I don’t consider this a failure, as I have learnt another way not to motivate myself enough to keep using Irish. And learning what does not work is as important as learning what does work. So I will try something different (because as everybody knows, if we keep doing the same things, usually we will keep getting the same results).
So, as “R” in “smartest” stands for “reprogrammable”, I will reprogram my goal to improve it. Here is the new short-term goal:
send one text a day for four days in a row by the 15th of July. If I succeed, I will give myself the “level 1” in this goal.
Then, when I succeed with this easier goal, I will go for the next step. I really need to find space in my busy life to start using this language!
I spent the weekend in Isle of Man, and I have discovered some aspects of the island’s language: Manx. I have also bought some books of Manx language at the Manx museum. I don’t have a direct interest in the Manx language (though it is very interesting), as I want to focus on Irish, but I am indirectly interested, as it is quite similar.
I would say that Manx is to Irish as Portuguese is to Spanish, but having a very different spelling.
I already knew about the existence of Manx, but having a “direct” contact with it, and discovering that I could understand some words to get the general picture of a conversation was encouraging and motivating. I really hope that Manx people succeed in recovering their beautiful language.
Five days ago I said I was going to text once a day an Irish speaker friend, and meet once a week. It is being hard, because I have forgot three important things that are essential when designing goals:
1) The goal has to have a deadline, an expiration date.
2) The success conditions have to be clear and objective.
3) When a goal is challenging or long-term (as this one) it has to be split into smaller, easy achievable goals
So, it is not enough to commit to text once a day, as psychologycally it would be exhaustive: I would do it the first days, but as it has no expiration date, my mind would put the expiration date very soon.
So here is the short-term goal:
send one text a day for seven days in a row by the end of June, and meet once an Irish speaking friend to (try to) chat in Irish. If I succeed, I will give myself the “level 1” in this goal.
and the success conditions + deadline:
I will consider I have succeeded in the overall goal if before 2010 I am able to chat in Irish as well as I speak now in Portuguese, which means that, even if I don’t speak perfectly, another speaker can be able to speak with me comfortably enough to keep speaking in Irish after one hour.

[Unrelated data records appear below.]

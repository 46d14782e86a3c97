-- ===== src/State/Rotate/Success.antt =====
-- RotateBindings succeeds where one of the keys reads each record and no call fails.
use osb_opengauss_go.Prelude.{
  ◌≡◌, ap, ◌∙◌, inl, inr, Option, some, List, [], ◌∷◌, Text, ℕ, suc, ◌+◌, true, false, All, arith,
}
use osb_opengauss_go.Result.{ok}
use osb_opengauss_go.World.{World}
use osb_opengauss_go.Base64
use osb_opengauss_go.Encrypt.{Encryptor}
use osb_opengauss_go.Table.{IsTable}
use osb_opengauss_go.State.{BindingRecord, Store}
use osb_opengauss_go.State.Rotate.{rotate_record, rotate_records, rotate_bindings}
use osb_opengauss_go.State.Rotate.Reading.{IsCurrent, IsPrevious, Reads}

-- The calls of a rotation that may fail do not.
pub record IsUnfailing {F I B R : Type 0} (store : Store F I B R) : Type 0 where
  pub encrypts :
      (plain : Text) (r : R) → (cipher : Text) × ((store.encryptor.encrypt plain r).0 ≡ ok cipher)
  pub writes : (k text : Text) (d : B) → (store.set_credentials k text d).0 ≡ ok tt

module _ {F I B R : Type 0} (store : Store F I B R) (previous : Encryptor R) where
  -- the number of the records that only the previous key reads
  pub data Stale : List BindingRecord → ℕ → Type 0 where
    none_left : Stale [] 0
    current :
        {x : BindingRecord} {xs : List BindingRecord} {n : ℕ} {plain : Text}
        → IsCurrent store previous x plain
        → Stale xs n
        → Stale (x ∷ xs) n
    stale :
        {x : BindingRecord} {xs : List BindingRecord} {n : ℕ} {plain : Text}
        → IsPrevious store previous x plain
        → Stale xs n
        → Stale (x ∷ xs) (suc n)

  Stale-count :
      (l : List BindingRecord)
      → All (λ x. (plain : Text) × Reads store previous x plain) l
      → (n : ℕ) × Stale l n
  Stale-count [] h = (0, none_left)
  Stale-count (x ∷ xs) ((plain, inl h), hs) =
      let (n, rest) = Stale-count xs hs in (n, current h rest)
  Stale-count (x ∷ xs) ((plain, inr h), hs) =
      let (n, rest) = Stale-count xs hs in (suc n, stale h rest)

  module _ {S : Type 0} (unfailing : IsUnfailing store) where
    record_current :
        (x : BindingRecord) (plain : Text) (w : World I B S R)
        → IsCurrent store previous x plain
        → (rotate_record store previous x w).0 ≡ ok false
    unfolding rotate_record
    record_current x plain w h = rw (h.decoded, h.decrypted)

    record_stale :
        (x : BindingRecord) (plain : Text) (w : World I B S R)
        → IsPrevious store previous x plain
        → (rotate_record store previous x w).0 ≡ ok true
    unfolding rotate_record
    record_stale x plain w h =
        let (cipher, encrypted) = unfailing.encrypts plain w.entropy in
        rw (
          h.decoded,
          h.unread,
          h.decrypted,
          encrypted,
          unfailing.writes x.binding_id (Base64.encode cipher) w.bindings,
        )

    rotate_records_count :
        (l : List BindingRecord) (n m : ℕ) (w : World I B S R)
        → Stale l m
        → (rotate_records store previous n l w).0 ≡ ok (n + m)
    unfolding rotate_records
    rotate_records_count [] n _ w none_left = ap ok (omega arith)
    rotate_records_count (x ∷ xs) n m w (current h rest) =
        rw (record_current x _ w h)
          (rotate_records_count xs n m (rotate_record store previous x w).1 rest)
    rotate_records_count (x ∷ xs) n _ w (stale {n = m} h rest) = rw (record_stale x _ w h) (
        rotate_records_count xs (suc n) m (rotate_record store previous x w).1 rest
        ∙ ap ok (omega arith))

    -- Where one of the keys reads the credentials of every binding record, the records can be listed,
    -- and neither the current encryptor nor a rewriting fails, RotateBindings succeeds, and returns
    -- the number of the records that only the previous key could read.
    pub rotate_bindings_succeeds :
        (row : B → Text → Option BindingRecord)
        (laws : IsTable (λ r. r.binding_id) (λ r. r.instance_id) row store.bindings)
        (w : World I B S R) (l : List BindingRecord)
        → ((k : Text) (r : BindingRecord)
            → row w.bindings k ≡ some r
            → (plain : Text) × Reads store previous r plain)
        → (store.bindings.find w.bindings).0 ≡ ok l
        → (n : ℕ) × Stale l n × ((rotate_bindings store previous w).0 ≡ ok n)
    unfolding rotate_bindings
    rotate_bindings_succeeds row laws w l readable found =
        let (n, stale_rows) = Stale-count l (each l (laws.find-sound w.bindings l found)) in
        (n, stale_rows, rw found (rotate_records_count l 0 n _ stale_rows ∙ ap ok (omega arith)))
      where
        each :
            (l : List BindingRecord)
            → All (λ x. row w.bindings x.binding_id ≡ some x) l
            → All (λ x. (plain : Text) × Reads store previous x plain) l
        each [] h = tt
        each (x ∷ xs) (at, hs) = (readable x.binding_id x at, each xs hs)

Ok, I recognise it: I am an eternal beginner in Irish. But I want to change this. It is difficult to learn Irish, because English is so used here in Dublin that nobody has actually the need to speak the national language (a “problem” I don’t think I would have in Germany, France, Russia, Spain, etc). Everything you can find in Irish, you find it in English as well.
So you have to make an extra effort to learn the language (apart the fact that it is quite different than the other languages I know), an effort you don’t have to do in other countries!
I am ok with that. So, I think I will start meeting friends who speak good Irish, hoping they will have patience enough. I commit myself to text once a day an Irish speaker friend and meet once a week.
So, when will I know I achieved this goal? that’s what I will think for the next entry ;) (suggestions are welcome).